(Dataset entries)
● ● ● ● ●

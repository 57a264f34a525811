-- ===== src/Rpc/UnitTests/Pass.antt =====
-- The unit tests of src/rpc/mod.rs pass.
use dht_kad_rs.Mock
use dht_kad_rs.RoutingTable.Peers.{Peer}
use dht_kad_rs.Base.{ℕ, ◌+◌, ◌++◌, List, [], ◌∷◌, map, ◌≡◌, refl, ◌∙◌, done, dec_le, dec_lt}
use dht_kad_rs.Base.HashMap
use dht_kad_rs.Base.Sort.{sort_by, insert}
use dht_kad_rs.Base.Text.{codes, digits}
use dht_kad_rs.Keyutil.{
  common_prefix_length, leading_zeros, key_to_bytes, to_be_bytes, key_from_bytes, from_be_bytes,
}
use dht_kad_rs.Kvstore
use dht_kad_rs.Messages.{Protobuf, ErrorCode, new_message}
use dht_kad_rs.Messages.Utf8.{is_utf8, from_utf8}
use dht_kad_rs.Messages.Util.{
  validate_request, proto_peer_to_peer, proto_peer_from_peer, create_store_request,
  create_find_node_request, create_find_value_request, create_ping_request, create_store_response,
  create_find_node_response, create_find_value_response, create_ping_response,
}
use dht_kad_rs.RoutingTable.{
  new, update, bucket_at, last_index, ideal_index, insert_new, add_peer_to_bucket, with_bucket,
  insert_unfolded, unfold_buckets, split_last, k_nearest_peers, nearest_peers, surrounding, nearer,
}
use dht_kad_rs.RoutingTable.Buckets
use dht_kad_rs.RoutingTable.Buckets.{move_to_front_if_exists, position, move_to_end, remove, split}
use dht_kad_rs.Rpc.{
  table_after_reply, update_routing_table, admit, admit_sender, store_reply, answer_store,
  store_async, answer_find_node, find_node_async, find_value_reply, answer_find_value,
  find_value_async, answer_ping, ping_async,
}
use dht_kad_rs.Rpc.UnitTests.{
  store_test, close_to_zero, read_peers, nearest_ten, find_node_test, find_value_test, ping_test,
}

abbrev numbered : List ℕ → List Peer
numbered ns = map (λ n. Mock.peer (codes "0.0.0.0:" ++ digits 2 n) n) ns

abbrev ten : List ℕ
ten = 1 ∷ 2 ∷ 3 ∷ 4 ∷ 5 ∷ 6 ∷ 7 ∷ 8 ∷ 9 ∷ 10 ∷ []

abbrev twenty : List ℕ
twenty = ten ++ map (λ n. n + 10) ten

module _ (P : Protobuf) where
  -- The table takes the first ten peers, and the server answers by them.
  find_node_answer :
      find_node_test P
      ≡ nearest_ten P (numbered twenty) (create_find_node_response P (numbered ten))
  unfolding find_node_test close_to_zero find_node_async answer_find_node admit_sender admit
      update_routing_table table_after_reply validate_request proto_peer_to_peer
      proto_peer_from_peer create_find_node_request create_find_node_response new_message is_utf8
      from_utf8 key_to_bytes to_be_bytes key_from_bytes from_be_bytes digits new update last_index
      bucket_at ideal_index common_prefix_length leading_zeros move_to_front_if_exists position
      move_to_end remove Buckets.new insert_new insert_unfolded unfold_buckets split_last split
      add_peer_to_bucket with_bucket k_nearest_peers nearest_peers surrounding nearer sort_by insert
      dec_le dec_lt
  find_node_answer = refl

  nearest_ten_found :
      nearest_ten P (numbered twenty) (create_find_node_response P (numbered ten)) ≡ done tt
  unfolding nearest_ten read_peers create_find_node_response new_message proto_peer_to_peer
      proto_peer_from_peer key_to_bytes to_be_bytes key_from_bytes from_be_bytes digits is_utf8
      from_utf8
  nearest_ten_found = rw P.codes.value-unset refl

  store_test_passes : store_test P ≡ done tt
  unfolding store_test store_async answer_store store_reply admit_sender admit update_routing_table
      table_after_reply validate_request proto_peer_to_peer proto_peer_from_peer
      create_store_request create_store_response new_message is_utf8 from_utf8 key_to_bytes
      to_be_bytes key_from_bytes from_be_bytes new update last_index bucket_at ideal_index
      common_prefix_length leading_zeros move_to_front_if_exists position Buckets.new insert_new
      add_peer_to_bucket with_bucket k_nearest_peers nearest_peers surrounding nearer sort_by insert
      Kvstore.new Kvstore.get Kvstore.put HashMap.get HashMap.insert
  store_test_passes = rw (P.codes.value-new ErrorCode.ok) refl

  find_value_test_passes : find_value_test P ≡ done tt
  unfolding find_value_test find_node_async answer_find_node find_value_async answer_find_value
      find_value_reply admit_sender admit update_routing_table table_after_reply validate_request
      proto_peer_to_peer proto_peer_from_peer create_find_value_request create_find_node_response
      create_find_value_response new_message is_utf8 from_utf8 key_to_bytes to_be_bytes
      key_from_bytes from_be_bytes new update last_index bucket_at ideal_index common_prefix_length
      leading_zeros move_to_front_if_exists position move_to_end remove Buckets.new insert_new
      add_peer_to_bucket with_bucket k_nearest_peers nearest_peers surrounding nearer sort_by insert
      Kvstore.new Kvstore.get Kvstore.put HashMap.get HashMap.insert
  find_value_test_passes = rw P.codes.value-unset refl

  ping_test_passes : ping_test P ≡ done tt
  unfolding ping_test ping_async answer_ping admit_sender admit update_routing_table
      table_after_reply validate_request proto_peer_to_peer proto_peer_from_peer create_ping_request
      create_ping_response new_message is_utf8 from_utf8 key_to_bytes to_be_bytes key_from_bytes
      from_be_bytes new update last_index bucket_at ideal_index common_prefix_length leading_zeros
      move_to_front_if_exists position Buckets.new insert_new add_peer_to_bucket with_bucket
  ping_test_passes = rw P.codes.value-unset refl

  -- The four tests pass, whatever the protobuf crate makes of the enums.
  pub unit_tests_pass :
      (store_test P ≡ done tt)
      × (find_node_test P ≡ done tt)
      × (find_value_test P ≡ done tt)
      × (ping_test P ≡ done tt)
  unit_tests_pass = (
    store_test_passes,
    find_node_answer ∙ nearest_ten_found,
    find_value_test_passes,
    ping_test_passes,
  )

● ● ● ● ●

Task instructions:
Would you set down every record again, exactly as it appears above?

Reply to the exercise:
repository 57a264f34a525811
-- ===== src/Rpc/UnitTests/Pass.antt =====
-- The unit tests of src/rpc/mod.rs pass.
use dht_kad_rs.Mock
use dht_kad_rs.RoutingTable.Peers.{Peer}
use dht_kad_rs.Base.{ℕ, ◌+◌, ◌++◌, List, [], ◌∷◌, map, ◌≡◌, refl, ◌∙◌, done, dec_le, dec_lt}
use dht_kad_rs.Base.HashMap
use dht_kad_rs.Base.Sort.{sort_by, insert}
use dht_kad_rs.Base.Text.{codes, digits}
use dht_kad_rs.Keyutil.{
  common_prefix_length, leading_zeros, key_to_bytes, to_be_bytes, key_from_bytes, from_be_bytes,
}
use dht_kad_rs.Kvstore
use dht_kad_rs.Messages.{Protobuf, ErrorCode, new_message}
use dht_kad_rs.Messages.Utf8.{is_utf8, from_utf8}
use dht_kad_rs.Messages.Util.{
  validate_request, proto_peer_to_peer, proto_peer_from_peer, create_store_request,
  create_find_node_request, create_find_value_request, create_ping_request, create_store_response,
  create_find_node_response, create_find_value_response, create_ping_response,
}
use dht_kad_rs.RoutingTable.{
  new, update, bucket_at, last_index, ideal_index, insert_new, add_peer_to_bucket, with_bucket,
  insert_unfolded, unfold_buckets, split_last, k_nearest_peers, nearest_peers, surrounding, nearer,
}
use dht_kad_rs.RoutingTable.Buckets
use dht_kad_rs.RoutingTable.Buckets.{move_to_front_if_exists, position, move_to_end, remove, split}
use dht_kad_rs.Rpc.{
  table_after_reply, update_routing_table, admit, admit_sender, store_reply, answer_store,
  store_async, answer_find_node, find_node_async, find_value_reply, answer_find_value,
  find_value_async, answer_ping, ping_async,
}
use dht_kad_rs.Rpc.UnitTests.{
  store_test, close_to_zero, read_peers, nearest_ten, find_node_test, find_value_test, ping_test,
}

abbrev numbered : List ℕ → List Peer
numbered ns = map (λ n. Mock.peer (codes "0.0.0.0:" ++ digits 2 n) n) ns

abbrev ten : List ℕ
ten = 1 ∷ 2 ∷ 3 ∷ 4 ∷ 5 ∷ 6 ∷ 7 ∷ 8 ∷ 9 ∷ 10 ∷ []

abbrev twenty : List ℕ
twenty = ten ++ map (λ n. n + 10) ten

module _ (P : Protobuf) where
  -- The table takes the first ten peers, and the server answers by them.
  find_node_answer :
      find_node_test P
      ≡ nearest_ten P (numbered twenty) (create_find_node_response P (numbered ten))
  unfolding find_node_test close_to_zero find_node_async answer_find_node admit_sender admit
      update_routing_table table_after_reply validate_request proto_peer_to_peer
      proto_peer_from_peer create_find_node_request create_find_node_response new_message is_utf8
      from_utf8 key_to_bytes to_be_bytes key_from_bytes from_be_bytes digits new update last_index
      bucket_at ideal_index common_prefix_length leading_zeros move_to_front_if_exists position
      move_to_end remove Buckets.new insert_new insert_unfolded unfold_buckets split_last split
      add_peer_to_bucket with_bucket k_nearest_peers nearest_peers surrounding nearer sort_by insert
      dec_le dec_lt
  find_node_answer = refl

  nearest_ten_found :
      nearest_ten P (numbered twenty) (create_find_node_response P (numbered ten)) ≡ done tt
  unfolding nearest_ten read_peers create_find_node_response new_message proto_peer_to_peer
      proto_peer_from_peer key_to_bytes to_be_bytes key_from_bytes from_be_bytes digits is_utf8
      from_utf8
  nearest_ten_found = rw P.codes.value-unset refl

  store_test_passes : store_test P ≡ done tt
  unfolding store_test store_async answer_store store_reply admit_sender admit update_routing_table
      table_after_reply validate_request proto_peer_to_peer proto_peer_from_peer
      create_store_request create_store_response new_message is_utf8 from_utf8 key_to_bytes
      to_be_bytes key_from_bytes from_be_bytes new update last_index bucket_at ideal_index
      common_prefix_length leading_zeros move_to_front_if_exists position Buckets.new insert_new
      add_peer_to_bucket with_bucket k_nearest_peers nearest_peers surrounding nearer sort_by insert
      Kvstore.new Kvstore.get Kvstore.put HashMap.get HashMap.insert
  store_test_passes = rw (P.codes.value-new ErrorCode.ok) refl

  find_value_test_passes : find_value_test P ≡ done tt
  unfolding find_value_test find_node_async answer_find_node find_value_async answer_find_value
      find_value_reply admit_sender admit update_routing_table table_after_reply validate_request
      proto_peer_to_peer proto_peer_from_peer create_find_value_request create_find_node_response
      create_find_value_response new_message is_utf8 from_utf8 key_to_bytes to_be_bytes
      key_from_bytes from_be_bytes new update last_index bucket_at ideal_index common_prefix_length
      leading_zeros move_to_front_if_exists position move_to_end remove Buckets.new insert_new
      add_peer_to_bucket with_bucket k_nearest_peers nearest_peers surrounding nearer sort_by insert
      Kvstore.new Kvstore.get Kvstore.put HashMap.get HashMap.insert
  find_value_test_passes = rw P.codes.value-unset refl

  ping_test_passes : ping_test P ≡ done tt
  unfolding ping_test ping_async answer_ping admit_sender admit update_routing_table
      table_after_reply validate_request proto_peer_to_peer proto_peer_from_peer create_ping_request
      create_ping_response new_message is_utf8 from_utf8 key_to_bytes to_be_bytes key_from_bytes
      from_be_bytes new update last_index bucket_at ideal_index common_prefix_length leading_zeros
      move_to_front_if_exists position Buckets.new insert_new add_peer_to_bucket with_bucket
  ping_test_passes = rw P.codes.value-unset refl

  -- The four tests pass, whatever the protobuf crate makes of the enums.
  pub unit_tests_pass :
      (store_test P ≡ done tt)
      × (find_node_test P ≡ done tt)
      × (find_value_test P ≡ done tt)
      × (ping_test P ≡ done tt)
  unit_tests_pass = (
    store_test_passes,
    find_node_answer ∙ nearest_ten_found,
    find_value_test_passes,
    ping_test_passes,
  )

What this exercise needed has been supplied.